= To do =
In the listing below, repeat exactly every line from the first through the line containing "rw e (omega arith)", with nothing else.

· · · · · · ·

-- ===== src/MysqlAsync/Rows/RoundTrip.antt =====
-- The values of a row are read back from the texts that the server sends for them.
use ormpp.Base.{
  ℕ, zero, suc, ◌+◌, ◌-◌, ◌*◌, ◌^◌, ◌/◌, ◌%◌, ◌<◌, Bool, true, false, List, [], ◌∷◌, ◌++◌, Option,
  none, some, ◌==◌, ltb, Bytes, codes, map, equal, IsDigit, All, to_string-IsDigit, take, replicate,
  length, length-append, take_all, append-nil, to_string, decimal, Bool-cases, inl, inr, ◌≡◌, refl,
  sym, ap, ◌∙◌, arith,
}
use ormpp.MysqlAsync.Arguments.{Argument, null, boolean, plus, minus, text, chars, blob}
use ormpp.MysqlAsync.Rows.{
  Target, boolean_target, unsigned, signed, string_target, array_target, blob_target, read_digits,
  from_chars, from_chars_signed, as_plus, assign_text_value, map_reflectable_row, filled,
}

abbrev push_digit : Option ℕ → ℕ → Option ℕ
push_digit none d = none
push_digit (some value) d = some (value * 10 + d)

read_digits-append :
    (value d : ℕ) (s : Bytes)
    → d < 10
    → read_digits value (s ++ (b'0' + d) ∷ []) ≡ push_digit (read_digits value s) d
unfolding read_digits
read_digits-append value d [] h = ground arith
read_digits-append value d (c ∷ s) h =
    ground (arith, read_digits-append (value * 10 + (c - b'0')) d s h)

read_digits-decimal : (f n : ℕ) → n < f → read_digits 0 (decimal f n) ≡ some n
unfolding read_digits decimal
read_digits-decimal zero n h = elim h [ ]
read_digits-decimal (suc f) n h = elim (Bool-cases (ltb n 10)) [
  | inl e ↦ rw e (ground arith)
  | inr e ↦ rw e (
      read_digits-append 0 (n % 10) (decimal f (n / 10)) (omega arith)
      ∙ rw (read_digits-decimal f (n / 10) (ground arith)) (ap some (omega arith)))
]

decimal_positive : (f n : ℕ) → 0 < length (decimal (suc f) n)
unfolding decimal
decimal_positive f n = elim (Bool-cases (ltb n 10)) [
  | inl e ↦ rw e (omega arith)
  | inr e ↦ rw e (omega (arith, length-append (decimal f (n / 10)) ((b'0' + n % 10) ∷ [])))
]

from_chars_lem :
    (limit n : ℕ) (s : Bytes)
    → 0 < length s
    → read_digits 0 s ≡ some n
    → n < limit
    → from_chars limit s ≡ some n
unfolding from_chars
from_chars_lem limit n [] k e h = elim k [ ]
from_chars_lem limit n (c ∷ s) k e h =
    let small : ltb n limit ≡ true = ground arith in rw (e, small) refl

from_chars-to_string : (limit n : ℕ) → n < limit → from_chars limit (to_string n) ≡ some n
unfolding to_string
from_chars-to_string limit n h =
    from_chars_lem limit n (decimal (suc n) n) (decimal_positive n n)
      (read_digits-decimal (suc n) n (omega arith)) h

signed_plus :
    (bits n : ℕ) (s : Bytes)
    → All IsDigit s
    → from_chars (2 ^ (bits - 1)) s ≡ some n
    → from_chars_signed bits s ≡ some (plus n)
unfolding from_chars_signed from_chars
signed_plus bits n [] h e = cc e
signed_plus bits n (c ∷ s) h e =
    let no_sign : (c == b'-') ≡ false = ground (arith, h.0) in rw no_sign (ap as_plus e)

-- The text that the server sends for a value
abbrev pub sent_text : Argument → Option Bytes
sent_text null = none
sent_text (boolean true) = some (codes "1")
sent_text (boolean false) = some (codes "0")
sent_text (plus n) = some (to_string n)
sent_text (minus n) = some (b'-' ∷ to_string (suc n))
sent_text (text s) = some s
sent_text (chars s) = some s
sent_text (blob s) = some s

-- A value that a member of the type can have
abbrev pub Suits : Bool → Target → Argument → Type 0
Suits optional target null = optional ≡ true
Suits optional boolean_target (boolean b) = Unit
Suits optional (unsigned bits) (plus n) = n < 2 ^ bits
Suits optional (signed bits) (plus n) = n < 2 ^ (bits - 1)
Suits optional (signed bits) (minus n) = n < 2 ^ (bits - 1)
Suits optional string_target (text s) = Unit
Suits optional (array_target size) (chars s) = length s ≡ size
Suits optional blob_target (blob s) = Unit
Suits optional _ _ = ⊥

filled_same : (s : Bytes) → filled (length s) s ≡ s
filled_same s =
    let none_left : length s - length s ≡ 0 = omega arith in
    ap (λ n. take (length s) s ++ replicate n 0) none_left
    ∙ append-nil (take (length s) s)
    ∙ take_all s

value_read :
    (optional : Bool) (target : Target) (value : Argument)
    → Suits optional target value
    → assign_text_value optional target (sent_text value) ≡ some value
unfolding assign_text_value from_chars_signed equal
value_read true target null h = refl
value_read false target null h = cc h
value_read optional boolean_target (boolean true) h = refl
value_read optional boolean_target (boolean false) h = refl
value_read optional (unsigned bits) (plus n) h = rw (from_chars-to_string (2 ^ bits) n h) refl
value_read optional (signed bits) (plus n) h =
    signed_plus bits n (to_string n) (to_string-IsDigit n)
      (from_chars-to_string (2 ^ (bits - 1)) n h)
value_read optional (signed bits) (minus n) h =
    rw (from_chars-to_string (2 ^ (bits - 1) + 1) (suc n) (omega (arith, h))) refl
value_read optional string_target (text s) h = refl
value_read optional (array_target size) (chars s) h =
    ap (λ t. some (chars t)) (ap (λ n. filled n s) (sym h) ∙ filled_same s)
value_read optional blob_target (blob s) h = refl
value_read optional _ _ h = elim h [ ]

abbrev pub AllSuit : List (Bool × Target) → List Argument → Type 0
AllSuit [] [] = Unit
AllSuit [] (value ∷ values) = ⊥
AllSuit (t ∷ targets) [] = ⊥
AllSuit ((optional, target) ∷ targets) (value ∷ values) =
    Suits optional target value × AllSuit targets values

-- A struct is read back from the row that the server sends for its members: integers of every size and sign up to their
-- bounds, Booleans, strings, arrays, blobs and NULLs of optional members. Columns behind the last member are passed over.
pub map_reflectable_row-sent_text :
    (targets : List (Bool × Target)) (values : List Argument) (extra : List (Option Bytes))
    → AllSuit targets values
    → map_reflectable_row targets (map sent_text values ++ extra) ≡ some values
unfolding map_reflectable_row
map_reflectable_row-sent_text [] [] extra h = refl
map_reflectable_row-sent_text [] (value ∷ values) extra h = elim h [ ]
map_reflectable_row-sent_text (t ∷ targets) [] extra h = elim h [ ]
map_reflectable_row-sent_text ((optional, target) ∷ targets) (value ∷ values) extra h =
    rw
      (value_read optional target value h.0, map_reflectable_row-sent_text targets values extra h.1)
      refl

· · · · · · ·

= Result of this exercise =
-- ===== src/MysqlAsync/Rows/RoundTrip.antt =====
-- The values of a row are read back from the texts that the server sends for them.
use ormpp.Base.{
  ℕ, zero, suc, ◌+◌, ◌-◌, ◌*◌, ◌^◌, ◌/◌, ◌%◌, ◌<◌, Bool, true, false, List, [], ◌∷◌, ◌++◌, Option,
  none, some, ◌==◌, ltb, Bytes, codes, map, equal, IsDigit, All, to_string-IsDigit, take, replicate,
  length, length-append, take_all, append-nil, to_string, decimal, Bool-cases, inl, inr, ◌≡◌, refl,
  sym, ap, ◌∙◌, arith,
}
use ormpp.MysqlAsync.Arguments.{Argument, null, boolean, plus, minus, text, chars, blob}
use ormpp.MysqlAsync.Rows.{
  Target, boolean_target, unsigned, signed, string_target, array_target, blob_target, read_digits,
  from_chars, from_chars_signed, as_plus, assign_text_value, map_reflectable_row, filled,
}

abbrev push_digit : Option ℕ → ℕ → Option ℕ
push_digit none d = none
push_digit (some value) d = some (value * 10 + d)

read_digits-append :
    (value d : ℕ) (s : Bytes)
    → d < 10
    → read_digits value (s ++ (b'0' + d) ∷ []) ≡ push_digit (read_digits value s) d
unfolding read_digits
read_digits-append value d [] h = ground arith
read_digits-append value d (c ∷ s) h =
    ground (arith, read_digits-append (value * 10 + (c - b'0')) d s h)

read_digits-decimal : (f n : ℕ) → n < f → read_digits 0 (decimal f n) ≡ some n
unfolding read_digits decimal
read_digits-decimal zero n h = elim h [ ]
read_digits-decimal (suc f) n h = elim (Bool-cases (ltb n 10)) [
  | inl e ↦ rw e (ground arith)
  | inr e ↦ rw e (
      read_digits-append 0 (n % 10) (decimal f (n / 10)) (omega arith)
      ∙ rw (read_digits-decimal f (n / 10) (ground arith)) (ap some (omega arith)))
]

decimal_positive : (f n : ℕ) → 0 < length (decimal (suc f) n)
unfolding decimal
decimal_positive f n = elim (Bool-cases (ltb n 10)) [
  | inl e ↦ rw e (omega arith)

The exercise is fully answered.